# The Nerve Of Some People!



## folsom_five (Jan 10, 2008)

Well, I guess it was bound to happen eventually...

Wednesday morning I received a call from the owner of the storage lot where I keep my Outback. He told me that there were several trailers broken into recently, and I need to come and check out my trailer. I was stuck at work and couldn't get away for several hours. I was going crazy and expecting the worst.

I finally find some time later that afternoon to get away from the office and drive down to check out my trailer.
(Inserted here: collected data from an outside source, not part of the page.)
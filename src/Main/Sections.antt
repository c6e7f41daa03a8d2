-- ===== src/Main/Sections.antt =====
-- src/main.c: the schedule of several sections, with what the start of each needs from the state.
use mathlib.Core.List.{append_assoc, append-nil}
use mathlib.Core.Path.{subst}
use righack.Base.{
  ℕ, ◌+◌, ◌≤◌, ◌<◌, ◌≡◌, refl, ◌≢◌, ◌∙◌, ap, sym, Bool, true, false, some, List, [], ◌∷◌, ◌++◌,
  Text, bytes, arith, length, if◌then◌else◌,
}
use righack.Configfile.Keys.{HasText, HasKey}
use righack.External.{Uv, Os, Toml, Rig}
use righack.Machine.{World, ok}
use righack.Machine.Access.{held_lt_next}
use righack.Machine.Extends.{KeepsIf, Extends-ext, is_fixed, Extends, Extends-trans}
use righack.Machine.Objects.{Ptr, null, struct_text, start_module_handler}
use righack.Main.{schedule_sections}
use righack.Main.Run.{named, scheduled_lem}
use righack.Main.Section.{IsConfigured, KeepsOtherTexts}
use righack.Runloop.Later.{job}
use righack.Runloop.Later.Chain.{Slot, Slots, Waiting, first}
use righack.Runloop.Later.Schedule.{new_slot}

-- A section, and what the test module reads from it: the port's path and the radio's model.
pub record Setting : Type 0 where
  pub section : Text
  pub name : Text
  pub rigid : ℕ

-- A section names the radio's line, if there are sections behind it.
abbrev pub NamesLine : {X A : Type 0} → Toml X → Ptr → Text → List A → Type 0
NamesLine toml root section [] = Unit
NamesLine {X} toml root section (c ∷ cs) =
    (line : Text) × HasKey toml root section (bytes "hamlib.serial.port") line

NamesLine-length :
    {X A B : Type 0} (toml : Toml X) (root : Ptr) (section : Text) (xs : List A) (ys : List B)
    → length xs ≡ length ys
    → NamesLine toml root section ys
    → NamesLine toml root section xs
NamesLine-length toml root section [] ys e line = tt
NamesLine-length toml root section (x ∷ xs) [] e line = absurd (omega (arith, e))
NamesLine-length toml root section (x ∷ xs) (y ∷ ys) e line = line

-- No job of these has the argument `p`.
abbrev pub Apart : Ptr → Slots → Type 0
Apart p [] = Unit
Apart p (s ∷ ss) = (s.job.context ≢ p) × Apart p ss

-- All arguments are at `b` or above.
abbrev Above : ℕ → Slots → Type 0
Above b [] = Unit
Above b (s ∷ ss) = (b ≤ s.job.context) × Above b ss

Above-le : (a b : ℕ) (ss : Slots) → a ≤ b → Above b ss → Above a ss
Above-le a b [] le above = tt
Above-le a b (s ∷ ss) le (here, above) = (omega (arith, le, here), Above-le a b ss le above)

Above-Apart : (p : Ptr) (ss : Slots) → Above (p + 1) ss → Apart p ss
Above-Apart p [] above = tt
Above-Apart p (s ∷ ss) (here, above) = ((λ e. omega (arith, e, here)), Above-Apart p ss above)

module _ {X : Type 0} ⦃toml : Toml X⦄ where
  -- The configuration lists the sections from `i` on, each has what the module reads, and each but
  -- the last names the radio's line.
  abbrev pub AreConfigured : X → Ptr → ℕ → List Setting → Type 0
  AreConfigured x root i [] = Unit
  AreConfigured x root i (c ∷ cs) =
      (toml.key_in x root i ≡ some c.section)
      × IsConfigured toml root c.section c.name c.rigid
      × NamesLine toml root c.section cs
      × AreConfigured x root (i + 1) cs

  -- A job that starts the module of a section, whose name is apart from `config_buf`.
  pub record Starting (w : World X) (s : Slot) (setting : Setting) : Type 0 where
    pub is_start : s.job ≡ job start_module_handler s.job.context
    pub holds_name : w.cell s.job.context ≡ some (struct_text setting.section)
    pub apart : s.job.context ≢ w.config_buf
    pub configured : IsConfigured toml w.toml_root setting.section setting.name setting.rigid

  abbrev pub AreStarting : World X → Slots → Type 0
  AreStarting w [] = Unit
  AreStarting w (s ∷ ss) =
      (c : Setting) × Starting w s c
      × Apart s.job.context ss
      × NamesLine toml w.toml_root c.section ss
      × AreStarting w ss

  Starting-KeepsIf :
      {w w' : World X} (s : Slot) {c : Setting}
      → Starting w s c
      → KeepsIf is_fixed w.cell w'.cell
      → w'.toml_root ≡ w.toml_root
      → w'.config_buf ≡ w.config_buf
      → Starting w' s c
  Starting-KeepsIf {w'} s {c} st kept root buf = record {
    is_start = st.is_start;
    holds_name = kept s.job.context _ st.holds_name refl;
    apart = λ e. st.apart (e ∙ buf);
    configured = subst (λ r. IsConfigured toml r c.section c.name c.rigid) (sym root) st.configured;
  }

  pub AreStarting-KeepsIf :
      (w w' : World X) (ss : Slots)
      → AreStarting w ss
      → KeepsIf is_fixed w.cell w'.cell
      → w'.toml_root ≡ w.toml_root
      → w'.config_buf ≡ w.config_buf
      → AreStarting w' ss
  AreStarting-KeepsIf w w' [] a kept root buf = tt
  AreStarting-KeepsIf w w' (s ∷ ss) (c, st, apart, line, rest) kept root buf = (
    c,
    Starting-KeepsIf s st kept root buf,
    apart,
    subst (λ r. NamesLine toml r c.section ss) (sym root) line,
    AreStarting-KeepsIf w w' ss rest kept root buf,
  )

  -- They stay where only texts that are none of their arguments, and blocks of other kinds, change.
  pub AreStarting-KeepsOtherTexts :
      {w w' : World X} (p : Ptr) (ss : Slots)
      → AreStarting w ss
      → Apart p ss
      → KeepsOtherTexts w w' p
      → w'.toml_root ≡ w.toml_root
      → AreStarting w' ss
  AreStarting-KeepsOtherTexts p [] a apart kept root = tt
  AreStarting-KeepsOtherTexts p (s ∷ ss) (c, st, away, line, rest) (ne, apart) kept root =
      let (held, free_) = kept.texts s.job.context c.section ne st.holds_name st.apart in
      (
        c,
        record {
          is_start = st.is_start;
          holds_name = held;
          apart = free_;
          configured =
              subst (λ r. IsConfigured toml r c.section c.name c.rigid) (sym root) st.configured;
        },
        away,
        subst (λ r. NamesLine toml r c.section ss) (sym root) line,
        AreStarting-KeepsOtherTexts p ss rest apart kept root,
      )

  -- What the schedule of the sections `cs` leaves of `w`.
  pub record AreScheduled (w w' : World X) (ss : Slots) (cs : List Setting) : Type 0 where
    pub new : Slots
    pub waiting : Waiting w' (ss ++ new)
    pub queue : w'.run_once_queue ≡ first (ss ++ new)
    pub starting : AreStarting w' new
    pub above : Above w.next new
    pub count : length new ≡ length cs
    pub extends : Extends is_fixed w w'
    pub same_buf : w'.config_buf ≡ w.config_buf
    pub has_text : HasText w'

module _ {X : Type 0} ⦃uv : Uv X⦄ ⦃os : Os X⦄ ⦃toml : Toml X⦄ ⦃rig : Rig X⦄
    (start_law : (h : Ptr) (x : X) (root : Ptr) (i : ℕ)
      → toml.key_in (uv.prepare_start h x) root i ≡ toml.key_in x root i) where
  AreConfigured-later :
      (b : Bool) (h : Ptr) (x : X) (root : Ptr) (i : ℕ) (cs : List Setting)
      → AreConfigured x root i cs
      → AreConfigured (if b then x else uv.prepare_start h x) root i cs
  AreConfigured-later b h x root i [] a = tt
  AreConfigured-later true h x root i (c ∷ cs) a = a
  AreConfigured-later false h x root i (c ∷ cs) (listed, conf, line, rest) = (
    start_law h x root i ∙ listed,
    conf,
    line,
    AreConfigured-later false h x root (i + 1) cs rest,
  )

  pub sections_lem :
      (cs : List Setting) (i : ℕ) (w : World X) (ss : Slots)
      → Waiting w ss
      → w.run_once_queue ≡ first ss
      → HasText w
      → w.toml_root ≢ null
      → AreConfigured w.ext w.toml_root i cs
      → (w' : World X) × (schedule_sections (length cs) i w ≡ ok tt w') × AreScheduled w w' ss cs
  unfolding schedule_sections
  sections_lem [] i w ss wt start has root conf = (
    w,
    refl,
    record {
      new = [];
      waiting = rw append-nil wt;
      queue = rw append-nil start;
      starting = tt;
      above = tt;
      count = refl;
      extends = Extends-ext is_fixed w w.ext wt.formed;
      same_buf = refl;
      has_text = has;
    },
  )
  sections_lem (c ∷ cs) i w ss wt start has root (listed, conf, line, rest) =
      let (w1, scheduled, wt1, queue1, ext1, has1, held, apart, buf1, outside) =
        scheduled_lem w i c.section ss wt start has root listed in
      let s = new_slot (named w c.section) start_module_handler w.next in
      let later : AreConfigured w1.ext w1.toml_root (i + 1) cs =
        rw (outside, ext1.same_root)
          (AreConfigured-later w.run_once_prepare_started w.run_once_prepare w.ext w.toml_root
            (i + 1) cs rest) in
      let (w2, ran, sch) =
        sections_lem cs (i + 1) w1 (ss ++ s ∷ []) wt1 queue1 has1
          (λ e. root (sym ext1.same_root ∙ e)) later in
      let lt : w.next < w1.next = held_lt_next w1 w.next _ held wt1.formed in
      let st : Starting w1 s c = record {
        is_start = refl;
        holds_name = held;
        apart = apart;
        configured =
            subst (λ r. IsConfigured toml r c.section c.name c.rigid) (sym ext1.same_root) conf;
      } in
      let named_line = NamesLine-length toml w.toml_root c.section sch.new cs sch.count line in
      (
        w2,
        rw scheduled ran,
        record {
          new = s ∷ sch.new;
          waiting = subst (λ l. Waiting w2 l) (append_assoc ss (s ∷ []) sch.new) sch.waiting;
          queue = sch.queue ∙ ap first (append_assoc ss (s ∷ []) sch.new);
          starting = (
            c,
            Starting-KeepsIf s st sch.extends.kept sch.extends.same_root sch.same_buf,
            Above-Apart w.next sch.new
                (Above-le (w.next + 1) w1.next sch.new (omega (arith, lt)) sch.above),
            subst (λ r. NamesLine toml r c.section sch.new)
                (sym (sch.extends.same_root ∙ ext1.same_root)) named_line,
            sch.starting,
          );
          above = (omega arith, Above-le w.next w1.next sch.new (omega (arith, lt)) sch.above);
          count = omega (arith, sch.count);
          extends = Extends-trans ext1 sch.extends;
          same_buf = sch.same_buf ∙ buf1;
          has_text = sch.has_text;
        },
      )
As I drive into the lot, the owner is walking by so he follows me over to my trailer.

Like I said, I was expecting the worst, so when I rounded the corner so that I could see my trailer, I was starting to feel the pressure ease a little. My electric jack was still there, my batteries were still there, the entrance door was closed and the lock still looked intact. The only thing I saw was all of the storage compartment doors were open!
Before taking a look in any of the compartments, I took a walk around the TT to see if anything else was out of place. Thankfully all of the windows were still tightly shut and in one piece.

So now I figure I better open up the compartments and see what I'm gonna have to replace. Well, I lift the door of each one expecting to find everything gone, but thankfully everything *seems* to be present. The only things of real value that I keep in the compartments is my Equalizer hitch, a high capacity air compressor, and several leveling block sets.

I figure the hitch was too heavy to carry, the blocks aren't worth too much, and the air compressor... well that is the ONLY compartment they didn't open.

What really frustrates me is the ease of getting into those compartments. At first I figured they had a key for the compartments and just opened them up, but then I realized that the compartments were all open, but still LOCKED. What they did was just turn the entire lock housing and it moves the latch right out of the way. I cannot believe that the lock will just turn that way.

Here are a couple pics of the locks...

Looks like they just took hold of the lock handle and just turned it









Another compartment lock. Notice that it didn't take much turning to get this one to unlatch









This is the one lock that was actually destroyed. This is the lock for the outside cooktop.









I have read some of the posts regarding replacing the lock cores so they don't have the standard keys, but it doesn't seem that it will help if all they need to do is turn the entire lock housing.

What can be done so that the entire lock housing cannot be turned to release the latch?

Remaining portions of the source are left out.